Публика фестиваля «Территория» поддержала "врага народа" на спектакле Томаса Остермайера

На спектакле Томаса Остермайера «Враг народа», показанном в Москве на фестивале «Территория», половина зала захотела стать действующим лицом пьесы Генрика Ибсена
Герои Ибсена в спектакле Остермайера стали хипстерами/ Arno Declair

Истины вовсе не такие живучие Мафусаилы, как люди воображают. Нормальная истина живет... скажем... ну, лет семнадцать-восемнадцать, самое большее - двадцать, редко дольше. Но такие пожилые истины всегда ужасно худосочны» - так говорил ибсеновский доктор Стокман в своем знаменитом монологе, который и делает его «врагом народа» в глазах всего города. Замени в этом отрывке «истину» на «пьесу», и Томас Остермайер охотно подписался бы под этими словами. Возвращая жизненные соки в великую, но пожилую пьесу Ибсена, Остермайер вместе с драматургом Флорианом Борхмейером пишет поверх старого сюжета принципиально иное произведение. И дело даже не в том, что Стокман из почтенного бургера превращен в молодого хипстера с бородкой, увлекающегося рок-музыкой (Кристоф Гавенда). Дело в том, что доктор больше не герой.

Станиславский в 1900 г. играл Стокмана именно как постромантического героя, вызывающего лютую ненависть у обывателей приморского городка на юге Норвегии и бурный прием у московских обывателей, пришедших в Художественный театр. «Большинство никогда не бывает право. Никогда, говорю я!» - так утверждали все без исключения исполнители роли доктора Стокмана, делая при этом все, чтобы большинство в зрительном зале поддержало его позицию. Томас Остермайер не стал поддерживать эту политику «двух народов», и Стокман держит речь не перед какими-то там норвежцами вековой давности, а перед всеми нами, призывая зрителя тут же на месте решить, враг он ему или друг.

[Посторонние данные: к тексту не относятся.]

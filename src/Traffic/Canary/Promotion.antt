-- ===== src/Traffic/Canary/Promotion.antt =====
-- PromoteCanary against the unique names of the table traffic_variant.
use text.Mathlib.TextEquality.{eq_iff}
use mathlib.Core.Bool.{false≢true}
use model_registry_service.Base.{
  String, ◌≡◌, ◌≢◌, refl, sym, ◌∙◌, ap, ◌⊎◌, inl, inr, true, not, Option, none, some, List, [], ◌∷◌,
  str_eq_iff, arith, pos, ℤ,
}
use model_registry_service.Domain.Result.{ok}
use model_registry_service.Domain.Traffic.{
  Uuid, Time, TrafficVariant, TrafficConfig, is_active, set_weight,
}
use model_registry_service.Store.World.{Oracle, World}
use model_registry_service.Store.Silent.{Silent-time_now}
use model_registry_service.Store.Hoare.{
  Hoare, Hoare-bind, Hoare-silent, Hoare-weaken, Hoare-fact, Hoare-or_raise, Hoare-deref,
  Hoare-raise_if, never_ok,
}
use model_registry_service.Store.Variants.{rows_of, row_by_id, clashes}
use model_registry_service.Store.Variants.Rows.{
  Has, HasUniqueIds, Has-rows_of, row_by_id-Has, clashes-Has, ids_differ,
}
use model_registry_service.Store.Variants.Writes.{
  VariantsAre, VariantsAre-stable, Updated, variant_update_lem,
}
use model_registry_service.Traffic.Route.Config.{get_config_lem}
use model_registry_service.Traffic.Canary.{last_named, promote_canary}

last_named-Has_from :
    (name : String) (found : Option TrafficVariant) (vs : List TrafficVariant) (v : TrafficVariant)
    → last_named name found vs ≡ some v
    → (found ≡ some v) ⊎ (Has v vs × (v.variant_name ≡ name))
unfolding last_named
last_named-Has_from name found [] v h = inl h
last_named-Has_from name found (x ∷ xs) v h = ground (
  arith,
  str_eq_iff x.variant_name name,
  last_named-Has_from name found xs v,
  last_named-Has_from name (some x) xs v,
)

-- What the loop finds is in the list and has the name.
pub last_named-Has :
    (name : String) (vs : List TrafficVariant) (v : TrafficVariant)
    → last_named name none vs ≡ some v
    → Has v vs × (v.variant_name ≡ name)
last_named-Has name vs v h = elim (last_named-Has_from name none vs v h) [ inl e ↦ cc | inr p ↦ p ]

pub canary≢stable : ◌≢◌ {A = String} "canary" "stable"
canary≢stable p = false≢true ((eq_iff "canary" "stable").1 p)

-- The statement that renames the canary meets the row of the stable variant.
rename_clashes :
    (E : Oracle) (rows : List TrafficVariant) (w : World) (id : Uuid)
    (canary stable v : TrafficVariant)
    → HasUniqueIds rows
    → Has canary (rows_of id rows) × (canary.variant_name ≡ "canary")
    → Has stable (rows_of id rows) × (stable.variant_name ≡ "stable")
    → v.id ≡ canary.id
    → v.variant_name ≡ "stable"
    → ¬ Updated E v rows w
rename_clashes E rows w id canary stable v u (hc, nc) (hs, ns) same renamed d =
    let (canary_row, canary_config) = Has-rows_of canary id rows hc in
    let (stable_row, stable_config) = Has-rows_of stable id rows hs in
    let found : row_by_id canary.id rows ≡ some canary = row_by_id-Has canary rows u canary_row in
    let row_is : d.row ≡ canary = cc (found, same, d.found) in
    let taken : clashes v.id d.row.traffic_config_id v.variant_name rows ≡ true =
      clashes-Has stable v.id d.row.traffic_config_id v.variant_name rows stable_row
        (λ e.
          ids_differ rows stable canary u stable_row canary_row (λ q. canary≢stable (cc))
            (e ∙ same))
        (stable_config
          ∙ sym canary_config
          ∙ sym (ap (λ (r : TrafficVariant). r.traffic_config_id) row_is))
        (ns ∙ sym renamed) in
    cc (taken, d.fits.name)

pub set_weight-id :
    (now : Time) (weight : ℤ) (v : TrafficVariant) → (set_weight now weight v).0.id ≡ v.id
unfolding set_weight
set_weight-id now weight v = ground arith

module _ (E : Oracle) (project_id config_id : Uuid) (rows : List TrafficVariant)
    (u : HasUniqueIds rows) where
  promote_canary_lem :
      Hoare (VariantsAre rows) (promote_canary E project_id config_id) (λ _ _. ⊥) (VariantsAre rows)
  unfolding promote_canary
  promote_canary_lem = Hoare-bind (get_config_lem E rows project_id config_id) λ c.
      Hoare-fact λ loaded.
        Hoare-or_raise (λ w p. p) _ (last_named "canary" none c.variants)
          λ canary is_canary.
            Hoare-raise_if (λ w p. p) (not (is_active canary.status)) _
              λ _.
                Hoare-bind (Hoare-silent (VariantsAre-stable rows) (λ w p. p) (Silent-time_now E))
                  λ now.
                    Hoare-deref (λ w p. p) (last_named "stable" none c.variants)
                      λ stable is_stable.
                        Hoare-bind
                          (Hoare-weaken (λ w p. p)
                            (λ _ w p.
                              rename_clashes E rows w config_id canary stable _ u
                                (last_named-Has "canary" _ canary
                                  (ap (last_named "canary" none) (sym loaded.1) ∙ is_canary))
                                (last_named-Has "stable" _ stable
                                  (ap (last_named "stable" none) (sym loaded.1) ∙ is_stable))
                                (set_weight-id now (pos 100) canary) refl p)
                            (λ w p. p) (variant_update_lem E rows _))
                          (λ _. record { at = λ w p. absurd p })

-- If the identifiers of the variants are unique, as the primary key says, PromoteCanary never
-- succeeds: whatever else the tables hold and the database and the cluster answer, it returns no
-- configuration, and it leaves the table of variants as it was.
pub promote_canary_never_succeeds :
    (E : Oracle) (project_id config_id : Uuid) (w : World)
    → HasUniqueIds w.variants
    → ((config : TrafficConfig) → (promote_canary E project_id config_id w).0 ≢ ok config)
      × ((promote_canary E project_id config_id w).1.variants ≡ w.variants)
promote_canary_never_succeeds E p id w u = never_ok (promote_canary_lem E p id w.variants u) w refl
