-- ===== src/Traffic/Canary/Weights.antt =====
-- UpdateCanaryWeight: what a call that returns has done.
use model_registry_service.Base.{
  ℕ, ◌+◌, ◌≡◌, ◌≢◌, refl, sym, ◌∙◌, ap, subst, false, none, some, List, arith, ℤ, pos, negsuc, to_ℕ,
  ◌-ℤ◌,
}
use model_registry_service.Domain.Result.{ok}
use model_registry_service.Domain.Traffic.{
  Uuid, Time, TrafficVariant, TrafficConfig, out_of_range, set_weight,
}
use model_registry_service.Store.World.{Oracle, World, M}
use model_registry_service.Store.Silent.{Silent, Silent-time_now, Silent-ignore}
use model_registry_service.Store.Hoare.{
  Hoare, Hoare-bind, Hoare-silent, Hoare-weaken, Hoare-fact, Hoare-or_raise, Hoare-deref,
  Hoare-raise_if, returned,
}
use model_registry_service.Store.Variants.{rows_of, row_by_id, overwrite, update_rows}
use model_registry_service.Store.Variants.Rows.{
  Has, HasUniqueIds, Has-rows_of, row_by_id-Has, ids_differ,
}
use model_registry_service.Store.Variants.Writes.{
  VariantsAre, VariantsAre-stable, Updated, variant_update_lem,
}
use model_registry_service.Store.Variants.Lookup.{two_updates, row_at, Hoare-Updated}
use model_registry_service.Traffic.Route.Silent.{Silent-get_config, Silent-sync_ai_gateway_route}
use model_registry_service.Traffic.Route.Config.{get_config_lem}
use model_registry_service.Traffic.Canary.{last_named, update_canary_weight}
use model_registry_service.Traffic.Canary.Promotion.{last_named-Has, canary≢stable, set_weight-id}

-- Between the two tables the canary of the configuration has got the weight and the stable
-- variant what is left of 100, and no other row has changed.
pub record IsSplit (id : Uuid) (weight : ℕ) (rows rows' : List TrafficVariant) : Type 0 where
  pub canary : TrafficVariant
  pub stable : TrafficVariant
  pub canary_before : Has canary (rows_of id rows) × (canary.variant_name ≡ "canary")
  pub stable_before : Has stable (rows_of id rows) × (stable.variant_name ≡ "stable")
  pub canary_after : TrafficVariant
  pub stable_after : TrafficVariant
  pub canary_found : row_by_id canary.id rows' ≡ some canary_after
  pub stable_found : row_by_id stable.id rows' ≡ some stable_after
  pub canary_weight : canary_after.weight ≡ weight
  pub shares : canary_after.weight + stable_after.weight ≡ 100
  pub others :
      (other : Uuid)
      → other ≢ canary.id
      → other ≢ stable.id
      → row_by_id other rows' ≡ row_by_id other rows

pub set_weight-weight :
    (now : Time) (weight : ℤ) (v : TrafficVariant)
    → out_of_range weight ≡ false
    → (set_weight now weight v).0.weight ≡ to_ℕ weight
unfolding set_weight
set_weight-weight now weight v h = ground arith

-- 100 - weight stays in range.
pub rest_in_range :
    (weight : ℤ)
    → out_of_range weight ≡ false
    → (out_of_range (pos 100 -ℤ weight) ≡ false) × (to_ℕ weight + to_ℕ (pos 100 -ℤ weight) ≡ 100)
unfolding ◌-ℤ◌
rest_in_range (pos n) h = ground arith
rest_in_range (negsuc n) h = ground arith

overwrite-weight : (now : Time) (v r : TrafficVariant) → (overwrite now v r).weight ≡ v.weight
unfolding overwrite
overwrite-weight now v r = refl

module _ (E : Oracle) (p id : Uuid) (weight : ℤ) (rows : List TrafficVariant)
    (u : HasUniqueIds rows) where
  abbrev Split : World → Type 0
  Split w = IsSplit id (to_ℕ weight) rows w.variants

  abbrev Anything : World → Type 0
  Anything _ = Unit

  after : {A : Type 0} {m : M A} → Silent m → Hoare Split m (λ _. Split) Anything
  after h =
      Hoare-silent (record { at = λ s q. subst (IsSplit id (to_ℕ weight) rows) (sym s.variants) q })
        (λ w q. tt) h

  both_written :
      {w : World} (now t1 : Time) (canary stable : TrafficVariant)
      → out_of_range weight ≡ false
      → Has canary (rows_of id rows) × (canary.variant_name ≡ "canary")
      → Has stable (rows_of id rows) × (stable.variant_name ≡ "stable")
      → Updated E
          (set_weight now (pos 100 -ℤ weight) stable).0
          (update_rows t1 (set_weight now weight canary).0 rows)
          w
      → Split w
  both_written {w} now t1 canary stable range is_canary is_stable d =
      let canary' : TrafficVariant = (set_weight now weight canary).0 in
      let stable' : TrafficVariant = (set_weight now (pos 100 -ℤ weight) stable).0 in
      let c_id : canary'.id ≡ canary.id = set_weight-id now weight canary in
      let s_id : stable'.id ≡ stable.id = set_weight-id now (pos 100 -ℤ weight) stable in
      let c_row : Has canary rows = (Has-rows_of canary id rows is_canary.0).0 in
      let s_row : Has stable rows = (Has-rows_of stable id rows is_stable.0).0 in
      let differ : canary.id ≢ stable.id =
        ids_differ rows canary stable u c_row s_row
          (λ e. canary≢stable (sym is_canary.1 ∙ e ∙ is_stable.1)) in
      let rows' : List TrafficVariant = update_rows d.now stable' (update_rows t1 canary' rows) in
      let (c_found, s_found, rest) =
        two_updates t1 d.now canary' stable' canary stable rows (λ e. differ (sym c_id ∙ e ∙ s_id))
          (row_at rows c_id ∙ row_by_id-Has canary rows u c_row)
          (row_at rows s_id ∙ row_by_id-Has stable rows u s_row) in
      let c_weight : canary'.weight ≡ to_ℕ weight = set_weight-weight now weight canary range in
      let s_weight : stable'.weight ≡ to_ℕ (pos 100 -ℤ weight) =
        set_weight-weight now (pos 100 -ℤ weight) stable (rest_in_range weight range).0 in
      subst (IsSplit id (to_ℕ weight) rows) (sym d.table) (record {
        canary = canary;
        stable = stable;
        canary_before = is_canary;
        stable_before = is_stable;
        canary_after = overwrite t1 canary' canary;
        stable_after = overwrite d.now stable' stable;
        canary_found = row_at rows' (sym c_id) ∙ c_found;
        stable_found = row_at rows' (sym s_id) ∙ s_found;
        canary_weight = overwrite-weight t1 canary' canary ∙ c_weight;
        shares = omega (
          arith,
          overwrite-weight t1 canary' canary,
          overwrite-weight d.now stable' stable,
          c_weight,
          s_weight,
          (rest_in_range weight range).1,
        );
        others = λ other nc ns. rest other (λ e. nc (e ∙ c_id)) (λ e. ns (e ∙ s_id));
      })

  update_lem : Hoare (VariantsAre rows) (update_canary_weight E p id weight) (λ _. Split) Anything
  unfolding update_canary_weight
  update_lem =
      Hoare-raise_if (λ w q. tt) (out_of_range weight) _
        λ range.
          Hoare-bind (Hoare-weaken (λ w q. q) (λ _ w q. q) (λ w q. tt) (get_config_lem E rows p id))
            λ c. Hoare-fact λ loaded.
              Hoare-or_raise (λ w q. tt) _ (last_named "canary" none c.variants)
                λ canary is_canary.
                  Hoare-bind
                    (Hoare-silent (VariantsAre-stable rows) (λ w q. tt) (Silent-time_now E))
                    λ now.
                      Hoare-deref (λ w q. tt) (last_named "stable" none c.variants)
                        λ stable is_stable.
                          Hoare-bind
                            (Hoare-weaken (λ w q. q) (λ _ w q. q) (λ w q. tt)
                              (variant_update_lem E rows (set_weight now weight canary).0))
                            λ _. Hoare-Updated _ rows λ t1 row found.
                              Hoare-bind
                                (Hoare-weaken (λ w q. q)
                                  (λ _ w d.
                                    both_written now t1 canary stable range
                                      (last_named-Has "canary" _ canary
                                        (ap (last_named "canary" none) (sym loaded.1) ∙ is_canary))
                                      (last_named-Has "stable" _ stable
                                        (ap (last_named "stable" none) (sym loaded.1) ∙ is_stable))
                                      d)
                                  (λ w q. tt) (variant_update_lem E _ _))
                                λ _.
                                  Hoare-bind
                                    (after (Silent-ignore _ (Silent-sync_ai_gateway_route E c)))
                                    λ _. after (Silent-get_config E p id)

-- If UpdateCanaryWeight returns a configuration, then the canary of the configuration now has the
-- weight that was asked for, it and the stable variant share exactly 100, and no other row of the
-- table has changed. (Identifiers are unique, as the primary key says.)
pub update_canary_weight_splits :
    (E : Oracle) (project_id config_id : Uuid) (weight : ℤ) (w : World) (config : TrafficConfig)
    → HasUniqueIds w.variants
    → (update_canary_weight E project_id config_id weight w).0 ≡ ok config
    → IsSplit config_id
        (to_ℕ weight)
        w.variants
        (update_canary_weight E project_id config_id weight w).1.variants
update_canary_weight_splits E p id weight w config u e =
    returned (update_lem E p id weight w.variants u) w refl config e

Если в заголовке пьесы таится указание как минимум на два действующих лица - на собственно «врага» и на тот «народ», которому он противостоит, то в версии Остермайера героем спектакля становится сам народ, а доктор Стокман мало чем выделяется из прочей толпы сценических персонажей. Ну пишет он научные статейки - ну и что? Зато редактор местной газеты Ховстад (Ренато Шух) и его подчиненный Биллинг (Мориц Готтвальд) гораздо лучше поют и играют на музыкальных инструментах. Неудивительно, что жена неудачника Стокмана (Ева Мекбах) в какой-то момент начнет страстно целоваться с Ховстадом, и от дальнейшего ее удержит разве что оставшийся дома грудной ребенок.

Казавшаяся незыблемой по всем прежним постановкам пьесы позиция Стокмана, утверждающего, что местная водолечебница заражена миазмами, теперь тоже не столь безусловна. В конце концов театральные залы заполняются теперь людьми, которые привыкли ежедневно сталкиваться с десятками фейков в соцсетях. Кто поручится, что статья доктора Стокмана не очередной фейк? Где пруфлинк, как принято грозно вопрошать в таких случаях в комментах к статье? Пафос Стокмана в спектакле планомерно расшатывается не сетевыми троллями, а славными норвежскими обывателями, которые умеют троллить не хуже.

Ключевым моментом спектакля должна стать та самая речь доктора Стокмана, которая в интерпретации Остермайера направлена не против «сплоченного большинства», а скорее против общества потребления и всеобщей лжи, превращающей мир в «пустыню реального», как описывает это в своих книгах Славой Жижек. Нормальная левацкая речь, сильно уступающая по своим литературным достоинствам той, что вложил Ибсен в уста своего героя. Зажечь зал революционным пафосом, как это когда-то случилось в легендарной мхатовской постановке с участием Станиславского, она не в силах. Для Остермайера это всего лишь предисловие к народному вече, которое он провоцирует в зале.

Обычно публика, вовлеченная в интеллектуальную дискуссию, раскалывается пополам, но, кажется, только Москва стала тем пунктом в гастрольном маршруте берлинского театра «Шаубюне», где случилась больше чем дискуссия. Вначале публика проголосовала в поддержку доктора Стокмана, а затем, вдохновленная призывом какой-то зрительницы, начала, к радости немецких актеров, выходить на сцену Театра наций. Спектакль перерос едва ли не в стихийный митинг, но мало кто из выступавших вспоминал про содержание трескучей речи доктора Стокмана. Зрители просто стояли на сцене, гордые тем, что в них наконец увидели главное действующее лицо, и очень неохотно вернулись в зал, чтобы досмотреть спектакль. Чем объяснить эту спонтанную акцию Occupy Theatre? Да ясно чем: чисто российской потребностью народа ощутить себя действующим лицом, а не жалким статистом.